A Teaser: The Fastest Inverse Square Root¶
Here are 6 lines of C that compute faster than any library call in the 1990s:
float Q_rsqrt( float x )
{
long i;
float x2, y;
const float threehalfs = 1.5F;
x2 = x * 0.5F;
y = x;
i = * ( long * ) &y; // evil floating point bit level hacking
i = 0x5f3759df - ( i >> 1 ); // what the fuck?
y = * ( float * ) &i;
y = y * ( threehalfs - ( x2 * y * y ) ); // 1st iteration
return y;
}This code — from the Quake III Arena source — powered real-time 3D graphics on 1990s hardware. It looks like black magic, but every line has a precise mathematical explanation.
By the end of this chapter, you’ll understand every line.
Overview¶
This chapter is driven by a mystery from Chapter 1: why does the finite difference error increase when we make the step size smaller? By the end, you’ll not only understand the answer, but also see how floating-point representation can be exploited for creative algorithmic tricks.
Errors and floating-point arithmetic — We define absolute and relative error, then introduce floating-point numbers as approximations with a relative error guarantee (machine epsilon). This immediately solves the finite difference mystery: subtracting nearly equal numbers amplifies relative error, creating a trade-off between truncation and round-off.

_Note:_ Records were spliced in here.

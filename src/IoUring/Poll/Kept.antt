-- ===== src/IoUring/Poll/Kept.antt =====
-- What leaves the fleet as it is, or only ends requests.
use polaris_trade.Base.{
  ℕ, zero, suc, ◌+◌, ◌≤◌, ◌≡◌, ◌∙◌, refl, ap, Bool, Option, List, [], ◌∷◌, arith, ◌==◌, length,
  drop, Bool-cases, Option-cases, inl, inr,
}
use polaris_trade.Base.Result.{Result, Result-cases}
use polaris_trade.Transport.Error.{TransportError, IoErrorKind}
use polaris_trade.Transport.Batch.{FrameBatch, spare}
use polaris_trade.Transport.IndexPool.{IndexFrame}
use polaris_trade.IoUring.Completion.{Completion, data_in, truncated_in, empty, no_buffers, failed}
use polaris_trade.IoUring.Driver.{
  Fleet, Cqe, ud_recv, Uring, completion_of, settle_recv, is_failed_provide, complete_fleet,
  complete,
}
use polaris_trade.IoUring.Driver.Provide.{run_length, provide_fuel, provide_runs}
use polaris_trade.IoUring.Poll.{
  Entry, provide_buffers, IoUring, UringDriver, is_retried, id16, enter, push_entry, hand_over,
}

module _ (more : ℕ → Bool) (buffer_select : ℕ → Option ℕ) (kind_of : ℕ → IoErrorKind) where
  pub fleet-settle_recv :
      (d : Uring) (out : FrameBatch IndexFrame) (pushed : ℕ) (c : Completion)
      → (settle_recv more buffer_select kind_of d out pushed c).1.fleet ≡ d.fleet
  fleet-settle_recv d out pushed (data_in slot len rearm) = refl
  fleet-settle_recv d out pushed (truncated_in slot rearm) = refl
  fleet-settle_recv d out pushed (empty rearm) = refl
  fleet-settle_recv d out pushed no_buffers = refl
  fleet-settle_recv d out pushed (failed errno) = refl

  -- Completions only end requests.
  pub complete-armed :
      (d : Uring) (out : FrameBatch IndexFrame) (pushed taken : ℕ) (cqes : List Cqe)
      → let (answer, d', out', taken') =
          complete more buffer_select kind_of d out pushed taken cqes in
        (d'.fleet.armed ≤ d.fleet.armed) × (d'.fleet.depth ≡ d.fleet.depth)
  unfolding complete
  complete-armed d out pushed taken [] = (omega arith, refl)
  complete-armed d out pushed taken (cqe ∷ cqes) = elim (Bool-cases (spare out == 0)) [
    | inl full ↦ rw (full, complete) (omega arith, refl)
    | inr room ↦ elim (Bool-cases (cqe.user_data == ud_recv)) [
      | inl recv ↦
          let c = completion_of more buffer_select kind_of d cqe in
          let d₁ : Uring = record d { fleet = complete_fleet d.fleet c } in
          let step = settle_recv more buffer_select kind_of d₁ out pushed c in
          let same = fleet-settle_recv d₁ out pushed c in
          let fewer : step.1.fleet.armed ≤ d.fleet.armed =
            ground (arith, ap (λ (f : Fleet). f.armed) same) in
          let depth : step.1.fleet.depth ≡ d.fleet.depth = ap (λ (f : Fleet). f.depth) same in
          elim (Option-cases step.0) [
            | inr (e, fails) ↦ rw (room, recv, fails, complete) (fewer, depth)
            | inl works ↦
                let ih = complete-armed step.1 step.2 step.3 (taken + 1) cqes in
                rw (room, recv, works, complete) (omega (arith, fewer, ih.0), ih.1 ∙ depth)
          ]
      | inr other ↦ elim (Option-cases (is_failed_provide more buffer_select kind_of cqe)) [
        | inr (errno, fails) ↦ rw (room, other, fails, complete) (omega arith, refl)
        | inl skips ↦
            rw (room, other, skips, complete) (complete-armed d out pushed (taken + 1) cqes)
      ]
    ]
  ]

-- What hands runs over keeps whatever each hand-over keeps.
pub provide_fuel-keeps :
    {T F : Type 0} (provide : T → ℕ → ℕ → Result TransportError (Unit {0}) × T) (view : T → F)
    → ((t : T) (first run : ℕ) → view (provide t first run).1 ≡ view t)
    → (fuel : ℕ) (t : T) (slots : List ℕ) → view (provide_fuel provide fuel t slots).1 ≡ view t
unfolding provide_fuel
provide_fuel-keeps provide view keeps zero t slots = refl
provide_fuel-keeps provide view keeps (suc fuel) t [] = refl
provide_fuel-keeps provide view keeps (suc fuel) t (first ∷ slots) =
    let run : ℕ = run_length first (first ∷ slots) in
    elim (Result-cases (provide t first run).0) [
      | inr (x, fails) ↦ rw (fails, provide_fuel) (keeps t first run)
      | inl (tt, works) ↦
          rw (works, provide_fuel)
            (provide_fuel-keeps provide view keeps fuel (provide t first run).1
                (drop run (first ∷ slots))
              ∙ keeps t first run)
    ]

module _ {R : Type 0} (kernel : IoUring R) where
  pub enter-fleet : (d : UringDriver R) → (enter kernel d).1.uring.fleet ≡ d.uring.fleet
  unfolding enter
  enter-fleet d = elim (Result-cases (kernel.submit d.ring).0) [
    | inl (u, e) ↦ rw (e, enter) refl
    | inr (x, e) ↦ elim (Bool-cases (is_retried x.raw_os_error)) [
      | inl retried ↦ rw (e, retried, enter) refl
      | inr bad ↦ rw (e, bad, enter) refl
    ]
  ]

  pub push_entry-fleet :
      (entry : Entry) (d : UringDriver R)
      → (push_entry kernel entry d).1.uring.fleet ≡ d.uring.fleet
  unfolding push_entry
  push_entry-fleet entry d =
      let d₁ : UringDriver R = record d { ring = (kernel.push d.ring entry).1 } in
      let same = enter-fleet d₁ in
      elim (Bool-cases (kernel.push d.ring entry).0) [
        | inl pushed ↦ rw (pushed, push_entry) refl
        | inr full ↦ elim (Result-cases (enter kernel d₁).0) [
          | inr (x, e) ↦ rw (full, e, push_entry) same
          | inl (u, e) ↦ elim (Bool-cases (kernel.push (enter kernel d₁).1.ring entry).0) [
            | inl again ↦ rw (full, e, again, push_entry) same
            | inr still ↦ rw (full, e, still, push_entry) same
          ]
        ]
      ]

  pub hand_over-fleet :
      (sort : List ℕ → List ℕ) (base : ℕ) (d : UringDriver R) (back : List ℕ)
      → (hand_over kernel sort base d back).1.uring.fleet ≡ d.uring.fleet
  unfolding hand_over provide_runs
  hand_over-fleet sort base d back = elim (Option-cases d.buf_ring) [
    | inr (ring, e) ↦ rw (e, hand_over) refl
    | inl e ↦
        rw (e, hand_over)
          (provide_fuel-keeps
            (λ t first run. push_entry kernel (provide_buffers (id16 first) (id16 run)) t)
            (λ (t : UringDriver R). t.uring.fleet)
            (λ t first run. push_entry-fleet (provide_buffers (id16 first) (id16 run)) t)
            (suc (length (sort back))) d (sort back))
  ]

Condition numbers — Could we have predicted the finite difference problem before running any code? Yes — the condition number measures how much a computation amplifies input errors. We’ll see that subtraction is ill-conditioned when operands are close, giving a deeper theoretical explanation of the trade-off.
Stable and unstable algorithms — The condition number measures the problem’s sensitivity, but the algorithm matters too. We define stable and unstable algorithms, see how the same well-conditioned problem can give terrible results with a bad algorithm, and identify the three most dangerous floating-point operations.
Fast inverse square root — Now we look inside the floating-point representation (IEEE 754 bit layout) and discover that reinterpreting float bits as an integer gives an approximate logarithm. This insight, combined with Newton’s method, produces one of the most famous algorithms in computer science.
Learning Outcomes¶
After completing this chapter, you should be able to:
L2.1: Define absolute and relative error, and explain why relative error is the appropriate measure for floating-point computations.
L2.2: State the floating-point guarantee () and define machine epsilon.
L2.3: Explain the finite difference error trade-off between truncation and round-off.
L2.4: Compute condition numbers for simple functions and identify ill-conditioned problems.
L2.5: Explain the difference between a stable and unstable algorithm, and give an example of each for the same problem.
L2.6: Explain how the fast inverse square root exploits IEEE 754 bit representation.